** Task statement **
Search the records below for "Core" and copy every line it turns up in.

=-=-=

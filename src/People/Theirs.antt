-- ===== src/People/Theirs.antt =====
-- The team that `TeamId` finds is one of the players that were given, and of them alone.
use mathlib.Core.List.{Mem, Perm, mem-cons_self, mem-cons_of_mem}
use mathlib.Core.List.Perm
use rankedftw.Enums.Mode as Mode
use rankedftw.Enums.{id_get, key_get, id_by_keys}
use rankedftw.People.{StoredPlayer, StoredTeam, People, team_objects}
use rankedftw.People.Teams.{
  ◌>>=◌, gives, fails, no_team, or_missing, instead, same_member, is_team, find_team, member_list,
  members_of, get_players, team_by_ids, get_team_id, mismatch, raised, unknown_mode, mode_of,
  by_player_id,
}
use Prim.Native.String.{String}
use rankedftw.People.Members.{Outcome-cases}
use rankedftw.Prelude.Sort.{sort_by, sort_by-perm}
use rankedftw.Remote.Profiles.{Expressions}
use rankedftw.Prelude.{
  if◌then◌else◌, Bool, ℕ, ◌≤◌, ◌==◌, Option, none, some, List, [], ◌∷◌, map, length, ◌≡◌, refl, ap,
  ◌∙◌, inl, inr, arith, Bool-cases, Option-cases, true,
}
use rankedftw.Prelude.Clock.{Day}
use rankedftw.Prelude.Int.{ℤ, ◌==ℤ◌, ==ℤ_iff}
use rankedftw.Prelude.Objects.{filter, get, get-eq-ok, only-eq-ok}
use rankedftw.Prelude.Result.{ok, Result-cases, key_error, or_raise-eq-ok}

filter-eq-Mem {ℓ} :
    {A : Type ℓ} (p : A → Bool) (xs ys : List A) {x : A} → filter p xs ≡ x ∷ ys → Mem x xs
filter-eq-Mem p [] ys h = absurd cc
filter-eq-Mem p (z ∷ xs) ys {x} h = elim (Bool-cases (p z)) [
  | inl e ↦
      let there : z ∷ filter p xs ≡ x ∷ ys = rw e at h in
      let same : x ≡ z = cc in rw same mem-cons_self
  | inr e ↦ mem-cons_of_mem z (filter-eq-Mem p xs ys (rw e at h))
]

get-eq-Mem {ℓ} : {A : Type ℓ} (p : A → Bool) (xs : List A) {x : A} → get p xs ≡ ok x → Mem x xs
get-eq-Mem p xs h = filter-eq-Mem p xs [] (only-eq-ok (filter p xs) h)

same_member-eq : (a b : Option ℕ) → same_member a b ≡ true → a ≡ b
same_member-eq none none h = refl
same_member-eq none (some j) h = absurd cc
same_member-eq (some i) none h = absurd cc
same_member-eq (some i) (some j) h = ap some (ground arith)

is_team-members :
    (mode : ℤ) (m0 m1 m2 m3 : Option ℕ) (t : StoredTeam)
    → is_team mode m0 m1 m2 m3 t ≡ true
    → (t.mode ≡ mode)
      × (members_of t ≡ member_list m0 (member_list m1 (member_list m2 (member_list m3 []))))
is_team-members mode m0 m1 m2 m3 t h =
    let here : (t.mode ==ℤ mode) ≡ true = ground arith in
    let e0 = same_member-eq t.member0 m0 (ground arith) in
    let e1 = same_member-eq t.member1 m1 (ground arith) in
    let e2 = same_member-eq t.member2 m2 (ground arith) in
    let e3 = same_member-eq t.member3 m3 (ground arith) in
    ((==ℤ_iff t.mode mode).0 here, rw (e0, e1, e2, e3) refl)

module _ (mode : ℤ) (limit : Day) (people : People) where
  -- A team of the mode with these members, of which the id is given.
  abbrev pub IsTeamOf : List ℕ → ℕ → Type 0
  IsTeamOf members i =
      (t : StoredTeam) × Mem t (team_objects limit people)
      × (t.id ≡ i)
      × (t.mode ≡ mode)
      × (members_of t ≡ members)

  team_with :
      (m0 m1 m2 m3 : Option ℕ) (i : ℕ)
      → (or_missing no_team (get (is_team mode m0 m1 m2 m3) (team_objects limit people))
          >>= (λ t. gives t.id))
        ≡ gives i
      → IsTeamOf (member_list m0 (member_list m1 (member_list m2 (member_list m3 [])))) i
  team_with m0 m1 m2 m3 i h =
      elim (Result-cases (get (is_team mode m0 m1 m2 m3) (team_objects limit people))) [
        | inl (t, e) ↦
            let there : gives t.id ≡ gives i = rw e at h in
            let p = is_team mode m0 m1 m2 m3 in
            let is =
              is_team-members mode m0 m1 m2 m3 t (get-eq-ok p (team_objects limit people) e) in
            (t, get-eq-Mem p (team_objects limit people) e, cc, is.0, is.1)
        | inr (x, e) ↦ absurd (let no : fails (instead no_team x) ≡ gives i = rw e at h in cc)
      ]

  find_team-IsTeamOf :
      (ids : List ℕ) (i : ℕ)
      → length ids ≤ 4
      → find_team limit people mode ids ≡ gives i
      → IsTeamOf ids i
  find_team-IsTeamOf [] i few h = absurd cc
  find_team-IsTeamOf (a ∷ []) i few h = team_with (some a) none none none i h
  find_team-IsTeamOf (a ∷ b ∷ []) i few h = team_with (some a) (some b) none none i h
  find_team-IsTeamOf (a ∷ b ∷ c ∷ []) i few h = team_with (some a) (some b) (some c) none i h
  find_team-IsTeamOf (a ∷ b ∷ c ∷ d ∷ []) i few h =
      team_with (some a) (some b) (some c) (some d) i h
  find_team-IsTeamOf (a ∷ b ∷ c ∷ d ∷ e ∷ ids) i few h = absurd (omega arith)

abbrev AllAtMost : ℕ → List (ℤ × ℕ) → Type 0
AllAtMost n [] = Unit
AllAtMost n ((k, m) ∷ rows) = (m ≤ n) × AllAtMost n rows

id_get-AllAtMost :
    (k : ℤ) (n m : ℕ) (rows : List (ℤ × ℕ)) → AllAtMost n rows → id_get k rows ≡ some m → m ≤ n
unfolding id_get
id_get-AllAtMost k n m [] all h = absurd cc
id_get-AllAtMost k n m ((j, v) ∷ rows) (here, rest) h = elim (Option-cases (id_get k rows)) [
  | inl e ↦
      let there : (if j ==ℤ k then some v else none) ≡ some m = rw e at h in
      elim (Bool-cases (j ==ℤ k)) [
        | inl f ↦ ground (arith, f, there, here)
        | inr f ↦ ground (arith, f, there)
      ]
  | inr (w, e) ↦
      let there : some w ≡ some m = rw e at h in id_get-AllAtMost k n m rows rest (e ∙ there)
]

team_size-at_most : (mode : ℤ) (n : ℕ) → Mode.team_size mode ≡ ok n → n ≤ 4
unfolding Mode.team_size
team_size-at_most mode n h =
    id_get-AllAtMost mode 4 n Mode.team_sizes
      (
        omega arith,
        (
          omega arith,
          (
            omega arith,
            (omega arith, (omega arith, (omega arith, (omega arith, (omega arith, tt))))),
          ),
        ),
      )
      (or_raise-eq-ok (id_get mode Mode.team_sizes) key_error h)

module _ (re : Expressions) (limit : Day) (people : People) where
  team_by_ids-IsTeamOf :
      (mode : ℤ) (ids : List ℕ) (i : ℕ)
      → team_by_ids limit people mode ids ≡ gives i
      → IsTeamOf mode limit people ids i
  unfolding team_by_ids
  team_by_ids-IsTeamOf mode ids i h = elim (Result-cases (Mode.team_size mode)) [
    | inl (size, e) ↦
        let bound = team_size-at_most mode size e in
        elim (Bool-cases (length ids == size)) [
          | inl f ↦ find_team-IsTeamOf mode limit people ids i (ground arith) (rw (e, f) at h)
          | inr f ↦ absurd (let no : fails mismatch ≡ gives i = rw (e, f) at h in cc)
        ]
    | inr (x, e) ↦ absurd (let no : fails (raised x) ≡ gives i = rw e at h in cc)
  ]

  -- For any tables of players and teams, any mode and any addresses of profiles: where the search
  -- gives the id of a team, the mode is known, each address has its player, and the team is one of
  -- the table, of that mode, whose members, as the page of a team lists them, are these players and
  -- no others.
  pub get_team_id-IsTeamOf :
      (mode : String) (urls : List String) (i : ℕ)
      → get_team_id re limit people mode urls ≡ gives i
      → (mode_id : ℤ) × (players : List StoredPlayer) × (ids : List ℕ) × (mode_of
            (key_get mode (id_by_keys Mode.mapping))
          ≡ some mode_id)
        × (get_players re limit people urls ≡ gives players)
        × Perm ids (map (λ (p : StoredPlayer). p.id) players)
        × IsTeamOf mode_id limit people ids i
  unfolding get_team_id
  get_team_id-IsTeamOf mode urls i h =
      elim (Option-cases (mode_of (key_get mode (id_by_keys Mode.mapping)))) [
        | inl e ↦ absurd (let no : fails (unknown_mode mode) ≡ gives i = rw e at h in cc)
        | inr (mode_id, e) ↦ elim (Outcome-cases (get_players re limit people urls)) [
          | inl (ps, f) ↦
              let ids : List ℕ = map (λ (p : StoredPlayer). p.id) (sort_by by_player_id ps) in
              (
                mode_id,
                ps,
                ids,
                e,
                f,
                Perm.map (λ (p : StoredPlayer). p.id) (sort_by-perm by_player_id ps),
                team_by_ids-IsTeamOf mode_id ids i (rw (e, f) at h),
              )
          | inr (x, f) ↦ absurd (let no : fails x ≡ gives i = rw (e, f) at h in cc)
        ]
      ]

=-=-=

** Result **
use mathlib.Core.List.{Mem, Perm, mem-cons_self, mem-cons_of_mem}
use mathlib.Core.List.Perm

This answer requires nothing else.